La designación deberá consignar el nombre verdadero del agente y la falsa identidad con la que actuará en el caso, y será reservada fuera de las actuaciones y con la debida seguridad.

La información que el agente encubierto vaya logrando, será puesta de inmediato en conocimiento del juez.

La designación de un agente encubierto deberá mantenerse en estricto secreto. Cuando fuere absolutamente imprescindible aportar como prueba la información personal del agente encubierto, éste declarará como testigo, sin perjuicio de adoptarse, en su caso, las medidas previstas en el artículo 31 quinques."

Previu ainda o art. 31 ter. que não é punível o agente infiltrado que, como conseqüência necessária do desenvolvimento da atuação encomendada, tenha sido compelido a incorrer em delito, desde que a conduta não implique em pôr em perigo a vida ou a integridade física de uma pessoa ou a imposição de grave sofrimento físico ou moral a terceiro.

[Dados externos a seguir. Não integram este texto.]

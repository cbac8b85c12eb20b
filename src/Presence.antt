-- ===== src/Presence.antt =====
-- lovensepy/services/http_api/presence.py: the browsers that have the control panel open.
pub mod Hub
pub mod Views
pub mod Private
pub mod Keyed
mod Tests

Sendo acusado em um processo, o agente infiltrado fará saber ao juiz de instrução, de maneira confidencial, sua condição, e este deverá encerrar o processo sem revelar a verdadeira identidade do imputado.

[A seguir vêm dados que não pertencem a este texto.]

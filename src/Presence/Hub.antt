-- ===== src/Presence/Hub.antt =====
-- lovensepy/services/http_api/presence.py: `PresenceClient`, and the operations of `PresenceHub` that
-- change its table. A socket is a number; `closed` lists the sockets closed with code 4000, newest
-- first; `changes` counts the calls of `_on_change`. Times are milliseconds of the monotonic clock.
use lovensepy.Base.{
  ℕ, suc, ◌-◌, String, Bool, true, false, not, ◌&&◌, ◌||◌, Option, none, some, List, [], ◌∷◌, ltb,
  nat_eq, if◌then◌else◌, is_some, ◌==◌, ℕ_Eq, String_Eq, Pair_Eq, Codes_Eq,
}
use lovensepy.Base.Dict.{Dict, get, put, pop}
use lovensepy.Base.Int.{ℤ, pos, negsuc}
use lovensepy.Base.Text.{take_chars, strip, or_empty, truthy}
use lovensepy.Gate.Types.{Platform}
use lovensepy.Gate.Visitors.{Scope, is_external_request, client_ip}
use lovensepy.Gate.Labels.{device_label, browser_label}

pub data Role : Type 0 where
  host remote : Role

pub record PresenceClient : Type 0 where
  pub client_id : String
  pub role : Role
  pub connected_at : ℕ
  pub last_seen_mono : ℕ
  pub ip : Option String
  pub country : Option String
  pub user_agent : Option String
  pub device : String
  pub browser : String
  pub tab : Option String
  pub activity : Option String
  pub activity_at : Option ℕ
  pub rtt_ms : Option ℕ
  pub rtt_at : Option ℕ
  pub socket : Option ℕ

pub record PresenceHub : Type 0 where
  pub clients : Dict String PresenceClient
  pub closed : List ℕ
  pub changes : ℕ

unfoldable pub new_hub : PresenceHub
new_hub = record { clients = []; closed = []; changes = 0 }

unfoldable pub notify : PresenceHub → PresenceHub
notify hub = record hub { changes = suc hub.changes }

unfoldable pub role_for_scope : Platform → Scope → Role
role_for_scope p scope = if is_external_request p scope then Role.remote else Role.host

-- x or None
abbrev pub non_empty : String → Option String
non_empty s = if s == "" then none else some s

-- (preferred_id or "").strip()[:64] or the fresh id
unfoldable pub chosen_id : Option String → String → String
chosen_id preferred fresh =
    let id = take_chars 64 (strip (or_empty preferred)) in if id == "" then fresh else id

unfoldable pub new_client : Platform → Scope → Option String → ℕ → ℕ → String → PresenceClient
new_client p scope country now socket client_id =
    let ua = scope.headers "user-agent" in
    record {
      client_id = client_id;
      role = role_for_scope p scope;
      connected_at = now;
      last_seen_mono = now;
      ip = client_ip scope;
      country = country;
      user_agent = ua;
      device = device_label ua;
      browser = browser_label ua;
      tab = none;
      activity = none;
      activity_at = none;
      rtt_ms = none;
      rtt_at = none;
      socket = some socket;
    }

-- The socket of an earlier row is closed, unless it is the new one.
close_other : ℕ → Option ℕ → List ℕ → List ℕ
close_other socket none closed = closed
close_other socket (some old) closed = if nat_eq old socket then closed else old ∷ closed

close_previous : ℕ → Option PresenceClient → List ℕ → List ℕ
unfolding close_other
close_previous socket none closed = closed
close_previous socket (some row) closed = close_other socket row.socket closed

unfoldable pub connect :
    Platform
    → Scope
    → Option String
    → ℕ
    → ℕ
    → String
    → Option String
    → PresenceHub
    → PresenceClient × PresenceHub
unfolding close_previous
connect p scope country now socket fresh preferred hub =
    let id = chosen_id preferred fresh in
    let row = new_client p scope country now socket id in
    let hub' = record hub {
      clients = put id row hub.clients;
      closed = close_previous socket (get id hub.clients) hub.closed;
    } in
    (row, notify hub')

-- socket is not None and row.socket is not None and row.socket is not socket
abbrev pub is_other : Option ℕ → Option ℕ → Bool
is_other none _ = false
is_other (some s) none = false
is_other (some s) (some t) = not (nat_eq t s)

unfoldable pub leave : String → Option ℕ → Option PresenceClient → PresenceHub → PresenceHub
leave client_id socket none hub = hub
leave client_id socket (some row) hub =
    if is_other socket row.socket
    then hub
    else notify (record hub { clients = pop client_id hub.clients })

unfoldable pub disconnect : String → Option ℕ → PresenceHub → PresenceHub
disconnect client_id socket hub = leave client_id socket (get client_id hub.clients) hub

same_text : Option String → Option String → Bool
same_text none none = true
same_text (some a) (some b) = a == b
same_text _ _ = false

-- Each part of `touch` gives the row and whether it changed.
unfoldable pub touch_tab : Option String → PresenceClient → PresenceClient × Bool
unfolding same_text
touch_tab none row = (row, false)
touch_tab (some tab) row =
    let next_tab = non_empty (take_chars 40 tab) in
    if same_text next_tab row.tab then (row, false) else (record row { tab = next_tab }, true)

-- Two seconds without the same activity.
is_due : ℕ → Option ℕ → Bool
is_due now none = true
is_due now (some at) = ltb 2000 (now - at)

unfoldable pub touch_activity : ℕ → Option String → PresenceClient → PresenceClient × Bool
unfolding is_due same_text
touch_activity now none row = (row, false)
touch_activity now (some activity) row =
    let cleaned = non_empty (take_chars 160 (strip activity)) in
    let at = if is_some cleaned then some now else none in
    if not (same_text cleaned row.activity)
    then (record row { activity = cleaned; activity_at = at }, true)
    else if is_some cleaned && is_due now row.activity_at
    then (record row { activity_at = some now }, true)
    else (row, false)

unfoldable pub is_remote : Role → Bool
is_remote Role.host = false
is_remote Role.remote = true

-- max(0.0, rtt)
unfoldable pub at_least_zero : ℤ → ℕ
at_least_zero (pos n) = n
at_least_zero (negsuc n) = 0

-- The round trip that was measured is noted on the remote's row.
unfoldable pub note_rtt :
    ℕ
    → Option ℤ
    → String
    → Option PresenceClient
    → Dict String PresenceClient
    → Dict String PresenceClient
note_rtt now (some rtt) peer (some target) clients =
    if is_remote target.role
    then put peer (record target { rtt_ms = some (at_least_zero rtt); rtt_at = some now }) clients
    else clients
note_rtt now _ peer _ clients = clients

pub record Touch : Type 0 where
  pub tab : Option String
  pub activity : Option String
  pub rtt_ms : Option ℤ
  pub peer_id : Option String
  pub notify : Option Bool

-- The row that `peer_id` names.
unfoldable pub peer_row : Option String → Dict String PresenceClient → Option PresenceClient
peer_row peer clients = if truthy peer then get (or_empty peer) clients else none

-- The table after the row is touched.
unfoldable pub touched :
    ℕ → String → Touch → PresenceClient → Dict String PresenceClient → Dict String PresenceClient
touched now client_id t row clients =
    let clients' = put client_id row clients in
    note_rtt now t.rtt_ms (or_empty t.peer_id) (peer_row t.peer_id clients') clients'

unfoldable pub touch_row : ℕ → String → Touch → PresenceClient → PresenceHub → PresenceHub
touch_row now client_id t row hub =
    let a = touch_tab t.tab (record row { last_seen_mono = now }) in
    let b = touch_activity now t.activity (a.0) in
    let should_notify : Bool = elim t.notify [ none ↦ a.1 || b.1 | some n ↦ n ] in
    record hub {
      clients = touched now client_id t (b.0) hub.clients;
      changes = if should_notify then suc hub.changes else hub.changes;
    }

unfoldable pub touch_found : ℕ → String → Touch → Option PresenceClient → PresenceHub → PresenceHub
touch_found now client_id t none hub = hub
touch_found now client_id t (some row) hub = touch_row now client_id t row hub

unfoldable pub touch : ℕ → String → Touch → PresenceHub → PresenceHub
touch now client_id t hub = touch_found now client_id t (get client_id hub.clients) hub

O art. 31 quáter estabelece que "ningún agente de las fuerzas de seguridad podrá ser obligado a actuar como agente encubierto. La negativa a hacerlo no será tenida como antecedente desfavorable para ningún efecto".

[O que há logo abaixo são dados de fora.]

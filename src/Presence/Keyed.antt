-- ===== src/Presence/Keyed.antt =====
-- The table of browsers over time: each row stands under its own id.
use lovensepy.Base.{
  ℕ, String, ◌≡◌, refl, sym, ap, ◌∙◌, inl, inr, Option, none, some, List, [], ◌∷◌, arith, eq_iff,
  Bool-cases, ◌==◌, ℕ_Eq, String_Eq, Pair_Eq, Codes_Eq, if_split, if_true, if_false,
}
use lovensepy.Base.Dict.{
  Dict, get, put, pop, get-put, get-pop-some, Distinct, put-Distinct, pop-Distinct,
}
use lovensepy.Base.Int.{ℤ}
use lovensepy.Base.Text.{or_empty}
use lovensepy.Presence.Hub.{
  peer_row, touched, at_least_zero, connect, disconnect, touch_found, touch_row, touch, new_hub,
  chosen_id, new_client, PresenceClient, PresenceHub, leave, touch_tab, touch_activity, note_rtt,
  is_other, notify, is_remote, Touch,
}
use lovensepy.Gate.Types.{Platform}
use lovensepy.Gate.Visitors.{Scope}

-- No id stands twice, and a row's id is its key.
pub record Keyed (clients : Dict String PresenceClient) : Type 0 where
  pub keyed : (id : String) (row : PresenceClient) → get id clients ≡ some row → row.client_id ≡ id
  pub distinct : Distinct clients

some_id : (a b : PresenceClient) → some a ≡ some b → a.client_id ≡ b.client_id
some_id a b e =
    ap (λ (o : Option PresenceClient). elim o [ none ↦ a.client_id | some c ↦ c.client_id ]) e

put-Keyed :
    (k : String) (v : PresenceClient) (d : Dict String PresenceClient)
    → v.client_id ≡ k
    → Keyed d
    → Keyed (put k v d)
put-Keyed k v d e h = record {
  keyed = λ id row g. elim (Bool-cases (k == id)) [
    | inl same ↦
        let here : some v ≡ some row =
          sym (if_true (k == id) (some v) (get id d) same) ∙ sym (get-put k id v d) ∙ g in
        sym (some_id v row here) ∙ e ∙ (eq_iff k id).0 same
    | inr other ↦
        h.keyed id row
          (sym (if_false (k == id) (some v) (get id d) other) ∙ sym (get-put k id v d) ∙ g)
  ];
  distinct = put-Distinct k v d h.distinct;
}

leave-Keyed :
    (id : String) (socket : Option ℕ) (o : Option PresenceClient) (hub : PresenceHub)
    → Keyed hub.clients
    → Keyed (leave id socket o hub).clients
unfolding leave notify
leave-Keyed id socket none hub h = h
leave-Keyed id socket (some row) hub h =
    if_split (λ (x : PresenceHub). Keyed x.clients) (is_other socket row.socket) hub
      (notify (record hub { clients = pop id hub.clients })) (λ _. h)
      (λ _. record {
        keyed = λ j r g. h.keyed j r (get-pop-some id j r hub.clients g);
        distinct = pop-Distinct id hub.clients h.distinct;
      })

tab_id :
    (tab : Option String) (row : PresenceClient) → (touch_tab tab row).0.client_id ≡ row.client_id
unfolding touch_tab
tab_id none row = refl
tab_id (some tab) row = ground arith

activity_id :
    (now : ℕ) (activity : Option String) (row : PresenceClient)
    → (touch_activity now activity row).0.client_id ≡ row.client_id
unfolding touch_activity
activity_id now none row = refl
activity_id now (some activity) row = ground arith

note_rtt-Keyed :
    (now : ℕ) (rtt : Option ℤ) (peer : String) (o : Option PresenceClient)
    (d : Dict String PresenceClient)
    → ((row : PresenceClient) → o ≡ some row → row.client_id ≡ peer)
    → Keyed d
    → Keyed (note_rtt now rtt peer o d)
unfolding note_rtt
note_rtt-Keyed now none peer o d f h = h
note_rtt-Keyed now (some rtt) peer none d f h = h
note_rtt-Keyed now (some rtt) peer (some target) d f h =
    let noted : PresenceClient = record target {
      rtt_ms = some (at_least_zero rtt);
      rtt_at = some now;
    } in
    if_split Keyed (is_remote target.role) (put peer noted d) d
      (λ _. put-Keyed peer noted d (f target refl) h) (λ _. h)

peer_row_id :
    (peer : Option String) (d : Dict String PresenceClient) (row : PresenceClient)
    → Keyed d
    → peer_row peer d ≡ some row
    → row.client_id ≡ or_empty peer
unfolding peer_row
peer_row_id peer d row h g = ground (arith, h.keyed (or_empty peer) row)

touched-Keyed :
    (now : ℕ) (id : String) (t : Touch) (row : PresenceClient) (d : Dict String PresenceClient)
    → row.client_id ≡ id
    → Keyed d
    → Keyed (touched now id t row d)
unfolding touched
touched-Keyed now id t row d e h =
    let d' = put id row d in
    let h' = put-Keyed id row d e h in
    note_rtt-Keyed now t.rtt_ms (or_empty t.peer_id) (peer_row t.peer_id d') d'
      (λ r g. peer_row_id t.peer_id d' r h' g) h'

touch_found-Keyed :
    (now : ℕ) (id : String) (t : Touch) (o : Option PresenceClient) (hub : PresenceHub)
    → ((row : PresenceClient) → o ≡ some row → row.client_id ≡ id)
    → Keyed hub.clients
    → Keyed (touch_found now id t o hub).clients
unfolding touch_found touch_row
touch_found-Keyed now id t none hub f h = h
touch_found-Keyed now id t (some row) hub f h =
    let seen : PresenceClient = record row { last_seen_mono = now } in
    let a = (touch_tab t.tab seen).0 in
    touched-Keyed now id t (touch_activity now t.activity a).0 hub.clients
      (activity_id now t.activity a ∙ tab_id t.tab seen ∙ f row refl) h

pub data Event : Type 0 where
  join : Scope → Option String → ℕ → ℕ → String → Option String → Event
  part : String → Option ℕ → Event
  stir : ℕ → String → Touch → Event

abbrev pub step : Platform → Event → PresenceHub → PresenceHub
step p (join scope country now socket fresh preferred) hub =
    (connect p scope country now socket fresh preferred hub).1
step p (part id socket) hub = disconnect id socket hub
step p (stir now id t) hub = touch now id t hub

abbrev pub run : Platform → List Event → PresenceHub → PresenceHub
run p [] hub = hub
run p (event ∷ events) hub = run p events (step p event hub)

step-Keyed :
    (p : Platform) (event : Event) (hub : PresenceHub)
    → Keyed hub.clients
    → Keyed (step p event hub).clients
unfolding connect disconnect touch new_client notify
step-Keyed p (join scope country now socket fresh preferred) hub h =
    let id = chosen_id preferred fresh in
    put-Keyed id (new_client p scope country now socket id) hub.clients refl h
step-Keyed p (part id socket) hub h = leave-Keyed id socket (get id hub.clients) hub h
step-Keyed p (stir now id t) hub h =
    touch_found-Keyed now id t (get id hub.clients) hub (λ row g. h.keyed id row g) h

run-Keyed :
    (p : Platform) (events : List Event) (hub : PresenceHub)
    → Keyed hub.clients
    → Keyed (run p events hub).clients
run-Keyed p [] hub h = h
run-Keyed p (event ∷ events) hub h =
    run-Keyed p events (step p event hub) (step-Keyed p event hub h)

-- From the start of the service, whichever browsers connect, report and leave, in any order: no id
-- stands twice in the table, and each row stands under its own id.
pub run-new_hub-Keyed : (p : Platform) (events : List Event) → Keyed (run p events new_hub).clients
unfolding new_hub get
run-new_hub-Keyed p events =
    run-Keyed p events new_hub (record { keyed = λ id row g. ground (arith, g); distinct = tt })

Conforme o art. 31 quinques, estando com sua segurança ameaçada a pessoa que tenha atuado como agente infiltrado por haver sido descoberta sua verdadeira identidade, terá direito a optar entre permanecer na ativa ou aposentar-se, seja qual for o tempo que tenha trabalhado no serviço público, com proventos iguais aos que corresponderiam a quem tenha dois graus acima na carreira.

De acordo com o art. 31 sextes, o funcionário ou empregado público que revele indevidamente a real identidade de um agente infiltrado, assim como a nova identidade ou o domicílio de uma testemunha protegida, será reprimido com prisão de dois a seis anos, multa de 10.000 a 100.000 pesos e inabilitação absoluta perpétua para a função pública. Já o funcionário ou empregado público que, por imprudência, negligência ou inobservância dos deveres de seu cargo, permitir ou der ocasião a que outro conheça estas informações, será sancionado com prisão de um a quatro anos, multa de 1.000 a 30.000 pesos e inabilitação especial de três a dez anos para o cargo.

A Lei nº 25.241/00 foi elaborada especificamente para o combate a fatos delitivos relacionados com o terrorismo. Para os efeitos desta lei, são considerados atos de terrorismo as ações delitivas cometidas por integrantes de associações ilícitas ou organizações constituídas com o fim de causar alarme ou temor, e que se realizem empregando substâncias explosivas, inflamáveis, armas ou quaisquer elementos de elevado poder ofensivo, colocando em perigo a vida ou a integridade de um número indeterminado de pessoas (art. 1º).

O art. 2º deste diploma legal prevê a possibilidade de redução excepcional da pena, aplicando-se a da tentativa ou limitando-a à metade, ao imputado que, antes de ditada a sentença definitiva, colabore eficazmente com a investigação. Para obter o benefício, deverá ser fornecida informação essencial para evitar a consumação ou continuação do delito ou a perpetração de outro, ou que ajude a esclarecer o fato objeto da investigação ou outros conexos, ou que forneça dados de manifesta utilidade para comprovar a participação de outras pessoas no delito, desde que o delito em que esteja envolvido o beneficiário seja mais leve que aquele a respeito do qual forneça sua colaboração (art. 2º).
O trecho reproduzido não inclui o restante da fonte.